Self-Hosting: Kleis Defines Kleis

One of Kleis’s most elegant features is meta-circularity: the type system is defined in Kleis itself.

// From stdlib/types.kleis - loaded before anything else
data Type =
    Scalar
    | Vector(n: Nat, T)
    | Matrix(m: Nat, n: Nat, T)
    | Complex
    | Set(T: Type)
    | List(T: Type)
    | Tensor(dims: List(Nat))

This means:

  • Types aren’t hardcoded in the Rust compiler
  • Users can extend the type system without recompiling
  • The type checker can reason about types as data

Core Types

Bool

The fundamental boolean type:

data Bool = True | False

Operations:

define not(b) = match b {
    True => False
    | False => True
}

define and(b1, b2) = match b1 {
    False => False
    | True => b2
}

define or(b1, b2) = match b1 {
    True => True
    | False => b2
}

Option(T)

For values that might not exist (like Haskell’s Maybe):

data Option(T) =
    None
    | Some(value: T)

Operations:

define isSome(opt) = match opt {
    None => False
    | Some(_) => True
}

define isNone(opt) = match opt {
    None => True
    | Some(_) => False
}

define getOrDefault(opt, default) = match opt {
    None => default
    | Some(x) => x
}

Usage:

// Safe division that doesn't crash on zero
define safeDivide(a, b) =
    if b = 0 then None
    else Some(a / b)

// Use with pattern matching
define showResult(result) =
    match result {
        None => "undefined"
        Some(x) => x
    }

Result(T, E)

For operations that can succeed or fail with an error (like Rust’s Result):

data Result(T, E) =
    Ok(value: T)
    | Err(error: E)

Usage:

define parseNumber(s) =
    if isNumeric(s) then Ok(toNumber(s))
    else Err("not a number")

define processInput(input) =
    match parseNumber(input) {
        Ok(n) => n * 2
        Err(msg) => 0
    }

List(T)

Recursive linked list:

data List(T) =
    Nil
    | Cons(head: T, tail: List(T))

Operations:

define isEmpty(list) = match list {
    Nil => True
    | Cons(_, _) => False
}

define head(list) = match list {
    Nil => None
    | Cons(h, _) => Some(h)
}

define tail(list) = match list {
    Nil => None
    | Cons(_, t) => Some(t)
}

Note: For numeric computation, use the [1, 2, 3] list literal syntax with built-in functions like list_map, list_filter, etc.
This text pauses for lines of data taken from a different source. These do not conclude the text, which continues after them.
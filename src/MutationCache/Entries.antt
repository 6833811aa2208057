-- ===== src/MutationCache/Entries.antt =====
-- The entries of the mutation cache as a map from ids.
use mathlib.Core.Option
use rs_query.Base.{
  ℕ, suc, ◌≤◌, ◌<◌, ◌≡◌, refl, sym, ap, ◌∙◌, Bool, true, false, not, Option, none, some, List, [],
  ◌∷◌, ◌++◌, Text, ◌==◌, arith, if◌then◌else◌, Option-cases, inl, inr,
}
use rs_query.MutationCache.{
  MutationCacheEntry, MutationCache, allot_id, queue_in_scope, push_entry, add, find_id, apply_to,
  drop_id, get, update, remove, unpause_all, can_run,
}

-- The ids rise strictly, from above `low` up to `high`.
abbrev pub Rising : ℕ → ℕ → List MutationCacheEntry → Type 0
Rising low high [] = low ≤ high
Rising low high (e ∷ es) = (low < e.id) × Rising e.id high es

abbrev pub IsOrdered : MutationCache → Type 0
IsOrdered c = Rising 0 c.next_id c.entries

Rising-le : (low high : ℕ) (es : List MutationCacheEntry) → Rising low high es → low ≤ high
Rising-le low high [] h = h
Rising-le low high (e ∷ es) h = omega (arith, Rising-le e.id high es h.1)

Rising-weaken :
    (low low' high : ℕ) (es : List MutationCacheEntry)
    → low' ≤ low
    → Rising low high es
    → Rising low' high es
Rising-weaken low low' high [] l h = omega arith
Rising-weaken low low' high (e ∷ es) l h = (omega arith, h.1)

pub Rising-append :
    (low high : ℕ) (es : List MutationCacheEntry) (e : MutationCacheEntry)
    → e.id ≡ suc high
    → Rising low high es
    → Rising low (suc high) (es ++ e ∷ [])
Rising-append low high [] e i h = (omega arith, omega arith)
Rising-append low high (x ∷ es) e i h = (h.0, Rising-append x.id high es e i h.1)

pub Rising-apply :
    (id low high : ℕ) (f : MutationCacheEntry → MutationCacheEntry) (es : List MutationCacheEntry)
    → ((e : MutationCacheEntry) → (f e).id ≡ e.id)
    → Rising low high es
    → Rising low high (apply_to id f es)
Rising-apply id low high f [] k h = h
Rising-apply id low high f (e ∷ es) k h = ground (arith, k e, Rising-apply id e.id high f es k)

pub Rising-drop :
    (id low high : ℕ) (es : List MutationCacheEntry)
    → Rising low high es
    → Rising low high (drop_id id es)
Rising-drop id low high [] h = h
Rising-drop id low high (e ∷ es) h =
    ground (arith, Rising-drop id e.id high es, Rising-weaken e.id low high es)

pub Rising-unpause :
    (low high : ℕ) (es : List MutationCacheEntry)
    → Rising low high es
    → Rising low high (unpause_all es)
Rising-unpause low high [] h = h
Rising-unpause low high (e ∷ es) h = (h.0, Rising-unpause e.id high es h.1)

find-above :
    (j low high : ℕ) (es : List MutationCacheEntry)
    → j ≤ low
    → Rising low high es
    → find_id j es ≡ none
find-above j low high [] l h = refl
find-above j low high (e ∷ es) l h = ground (arith, find-above j e.id high es)

find-append :
    (j low high : ℕ) (es : List MutationCacheEntry) (e : MutationCacheEntry)
    → e.id ≡ suc high
    → Rising low high es
    → find_id j (es ++ e ∷ []) ≡ (if suc high == j then some e else find_id j es)
find-append j low high [] e i h = ground arith
find-append j low high (x ∷ es) e i h =
    ground (arith, find-append j x.id high es e, Rising-le x.id high es h.1)

pub find-apply :
    (id j : ℕ) (f : MutationCacheEntry → MutationCacheEntry) (es : List MutationCacheEntry)
    → ((e : MutationCacheEntry) → (f e).id ≡ e.id)
    → find_id j (apply_to id f es) ≡ (if id == j then Option.map f (find_id j es) else find_id j es)
find-apply id j f [] k = ground arith
find-apply id j f (e ∷ es) k = ground (arith, k e, find-apply id j f es k)

find-drop :
    (id j low high : ℕ) (es : List MutationCacheEntry)
    → Rising low high es
    → find_id j (drop_id id es) ≡ (if id == j then none else find_id j es)
find-drop id j low high [] h = ground arith
find-drop id j low high (e ∷ es) h =
    ground (arith, find-drop id j e.id high es, find-above j e.id high es)

-- Is there a scope with a running mutation?
abbrev pub busy : Option Text → MutationCache → Bool
busy none c = false
busy (some k) c = not (can_run k c)

-- The entry that `add` stores.
abbrev pub stored : MutationCacheEntry → MutationCache → MutationCacheEntry
stored e c = record e {
  id = suc c.next_id;
  is_paused = if busy e.scope c then true else e.is_paused;
}

pub add_fields :
    (e : MutationCacheEntry) (c : MutationCache)
    → ((add e c).0.entries ≡ c.entries ++ stored e c ∷ [])
      × ((add e c).0.next_id ≡ suc c.next_id)
      × ((add e c).1 ≡ suc c.next_id)
unfolding add allot_id queue_in_scope push_entry can_run
add_fields e c = ground arith

apply-absent :
    (id : ℕ) (f : MutationCacheEntry → MutationCacheEntry) (es : List MutationCacheEntry)
    → find_id id es ≡ none
    → apply_to id f es ≡ es
apply-absent id f [] h = refl
apply-absent id f (e ∷ es) h = ground (arith, apply-absent id f es)

drop-absent : (id : ℕ) (es : List MutationCacheEntry) → find_id id es ≡ none → drop_id id es ≡ es
drop-absent id [] h = refl
drop-absent id (e ∷ es) h = ground (arith, drop-absent id es)

pub update_fields :
    (id : ℕ) (f : MutationCacheEntry → MutationCacheEntry) (c : MutationCache)
    → ((update id f c).0.entries ≡ apply_to id f c.entries)
      × ((update id f c).0.next_id ≡ c.next_id)
unfolding update
update_fields id f c = elim (Option-cases (find_id id c.entries)) [
  | inl e ↦ rw (e, update) (sym (apply-absent id f c.entries e), refl)
  | inr (x, e) ↦ rw (e, update) (refl, refl)
]

pub remove_fields :
    (id : ℕ) (c : MutationCache)
    → ((remove id c).0.entries ≡ drop_id id c.entries) × ((remove id c).0.next_id ≡ c.next_id)
unfolding remove
remove_fields id c = elim (Option-cases (find_id id c.entries)) [
  | inl e ↦ rw (e, remove) (sym (drop-absent id c.entries e), refl)
  | inr (x, e) ↦ rw (e, remove) (refl, refl)
]

get-add :
    (e : MutationCacheEntry) (c : MutationCache)
    → IsOrdered c
    → (j : ℕ) → get j (add e c).0 ≡ (if (add e c).1 == j then some (stored e c) else get j c)
unfolding get
get-add e c o j =
    rw ((add_fields e c).0, (add_fields e c).2)
      (find-append j 0 c.next_id c.entries (stored e c) refl o)

-- In a cache with its ids in order, the entries are a map from ids: a new entry is found under
-- the fresh id that `add` returns, an update changes the entry of its id alone if it keeps the ids,
-- and a removed id is not found; every other id finds what it found before.
pub get_after :
    (c : MutationCache)
    → IsOrdered c
    → (e : MutationCacheEntry) (f : MutationCacheEntry → MutationCacheEntry)
    → ((x : MutationCacheEntry) → (f x).id ≡ x.id)
    → (id j : ℕ)
    → (get j (add e c).0 ≡ (if (add e c).1 == j then some (stored e c) else get j c))
      × (get j (update id f c).0 ≡ (if id == j then Option.map f (get j c) else get j c))
      × (get j (remove id c).0 ≡ (if id == j then none else get j c))
unfolding get
get_after c o e f k id j = (
  get-add e c o j,
  ap (find_id j) (update_fields id f c).0 ∙ find-apply id j f c.entries k,
  ap (find_id j) (remove_fields id c).0 ∙ find-drop id j 0 c.next_id c.entries o,
)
The Cons/Nil form is for symbolic reasoning and pattern matching.

Unit

The type with only one value (like void in C, but safer):

data Unit = Unit

Usage:

// A function that returns nothing meaningful
define printAndReturn(x) = Unit

// Flags without associated data
define flagSet : Option(Unit) = Some(Unit)
define flagUnset : Option(Unit) = None

Ordering

For comparison results:

data Ordering = LT | EQ | GT

Usage:

define compareNumbers(a, b) =
    if a < b then LT
    else if a > b then GT
    else EQ

Numeric Types

Scalar

The base numeric type (real numbers ℝ):

// Part of the Type data type
Scalar

Complex

Complex numbers with real and imaginary parts:

// Part of the Type data type  
Complex

See Chapter 14: Complex Numbers for operations.

Vector(n, T)

Fixed-length vectors:

Vector(n: Nat, T)

Example: Vector(3, ℝ) is a 3D real vector.

Matrix(m, n, T)

Matrices with row and column dimensions:

Matrix(m: Nat, n: Nat, T)

Example: Matrix(2, 3, ℝ) is a 2×3 real matrix.

Delimiter Variants:

Matrix(m, n, T)   // [a b; c d] - square brackets
PMatrix(m, n, T)  // (a b; c d) - parentheses
VMatrix(m, n, T)  // |a b; c d| - vertical bars (determinants)
BMatrix(m, n, T)  // {a b; c d} - braces

See Chapter 19: Matrices for operations.

Tensor Types (xAct-style)

Kleis includes types for differential geometry with xAct-style tensor notation.

IndexVariance

Whether an index is upper (contravariant) or lower (covariant):

data IndexVariance = Contravariant | Covariant

TensorIdx

A single tensor index:

data TensorIdx = TIdx(name: String, variance: IndexVariance)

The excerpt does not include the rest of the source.